◆ BRIEF ◆
Please write every entry out again, exactly as it reads below.
##### INPUT RECORDS #####
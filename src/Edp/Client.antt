-- ===== src/Edp/Client.antt =====
-- src/edp_client/edp_client_service.py: a job is submitted, then asked for until it has ended.
pub mod Ends
use platform_api.Prelude.{Option, Result, Text, err, if◌then◌else◌, ltb, ok, suc, zero, ℕ, ◌+◌}
use platform_api.Edp.Artifacts.{JobCreated, JobResult, JobStatus, complete, failed, running}

-- the exceptions: the HTTP client's, or the service's own; `out_of_fuel` is the model's.
pub data PollError (X : Type 0) : Type 0 where
  raised : X → PollError X
  job_failed : Text → Option Text → PollError X
  timed_out out_of_fuel : PollError X

-- `S` is the state of the service and of the clock, `now` the loop's clock in ticks, `post_job` and
-- `get_job` the two calls with their checks, and `sleep` the wait of `interval` ticks between two polls.
module _ {S X : Type 0} (now : S → ℕ) (post_job : Text → S → Result X JobCreated × S)
    (get_job : Text → S → Result X JobResult × S) (sleep : S → S) where
  -- a job's state, and what follows from it
  pub ended :
      Text
      → JobResult
      → JobStatus
      → S
      → (S → Result (PollError X) JobResult × S)
      → Result (PollError X) JobResult × S
  ended job_id body running s again = again (sleep s)
  ended job_id body complete s again = (ok body, s)
  ended job_id body failed s again = (err (job_failed job_id body.error), s)

  -- what a poll's answer leads to; `again` is the rest of the loop
  pub answered :
      Text
      → Result X JobResult × S
      → (S → Result (PollError X) JobResult × S)
      → Result (PollError X) JobResult × S
  unfolding ended
  answered job_id (err e, s) again = (err (raised e), s)
  answered job_id (ok body, s) again = ended job_id body body.status s again

  unfoldable pub poll : ℕ → Text → ℕ → S → Result (PollError X) JobResult × S
  unfolding answered
  poll zero job_id deadline s = (err out_of_fuel, s)
  poll (suc fuel) job_id deadline s =
      let asked = answered job_id (get_job job_id s) (poll fuel job_id deadline) in
      if ltb (now s) deadline then asked else (err timed_out, s)

  -- `timeout` is POLL_TIMEOUT_SECONDS in ticks
  unfoldable pub submit_and_wait : ℕ → ℕ → Text → S → Result (PollError X) JobResult × S
  unfolding poll
  submit_and_wait fuel timeout payload s =
      let (created, s') = post_job payload s in
      elim created [
        | err e ↦ (err (raised e), s')
        | ok job ↦ poll fuel job.job_id (now s' + timeout) s'
      ]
#####
◆ ANSWER BOX ◆
filename src/Edp/Client.antt
-- ===== src/Edp/Client.antt =====
-- src/edp_client/edp_client_service.py: a job is submitted, then asked for until it has ended.
pub mod Ends
use platform_api.Prelude.{Option, Result, Text, err, if◌then◌else◌, ltb, ok, suc, zero, ℕ, ◌+◌}
use platform_api.Edp.Artifacts.{JobCreated, JobResult, JobStatus, complete, failed, running}

-- the exceptions: the HTTP client's, or the service's own; `out_of_fuel` is the model's.
pub data PollError (X : Type 0) : Type 0 where
  raised : X → PollError X
  job_failed : Text → Option Text → PollError X
  timed_out out_of_fuel : PollError X

-- `S` is the state of the service and of the clock, `now` the loop's clock in ticks, `post_job` and
-- `get_job` the two calls with their checks, and `sleep` the wait of `interval` ticks between two polls.
module _ {S X : Type 0} (now : S → ℕ) (post_job : Text → S → Result X JobCreated × S)
    (get_job : Text → S → Result X JobResult × S) (sleep : S → S) where
  -- a job's state, and what follows from it
  pub ended :
      Text
      → JobResult
      → JobStatus
      → S
      → (S → Result (PollError X) JobResult × S)
      → Result (PollError X) JobResult × S
  ended job_id body running s again = again (sleep s)
  ended job_id body complete s again = (ok body, s)
  ended job_id body failed s again = (err (job_failed job_id body.error), s)

  -- what a poll's answer leads to; `again` is the rest of the loop
  pub answered :
      Text
      → Result X JobResult × S
      → (S → Result (PollError X) JobResult × S)
      → Result (PollError X) JobResult × S
  unfolding ended
  answered job_id (err e, s) again = (err (raised e), s)
  answered job_id (ok body, s) again = ended job_id body body.status s again

  unfoldable pub poll : ℕ → Text → ℕ → S → Result (PollError X) JobResult × S
  unfolding answered
  poll zero job_id deadline s = (err out_of_fuel, s)
  poll (suc fuel) job_id deadline s =
      let asked = answered job_id (get_job job_id s) (poll fuel job_id deadline) in
      if ltb (now s) deadline then asked else (err timed_out, s)

  -- `timeout` is POLL_TIMEOUT_SECONDS in ticks
  unfoldable pub submit_and_wait : ℕ → ℕ → Text → S → Result (PollError X) JobResult × S
  unfolding poll
  submit_and_wait fuel timeout payload s =
      let (created, s') = post_job payload s in
      elim created [
        | err e ↦ (err (raised e), s')
        | ok job ↦ poll fuel job.job_id (now s' + timeout) s'
      ]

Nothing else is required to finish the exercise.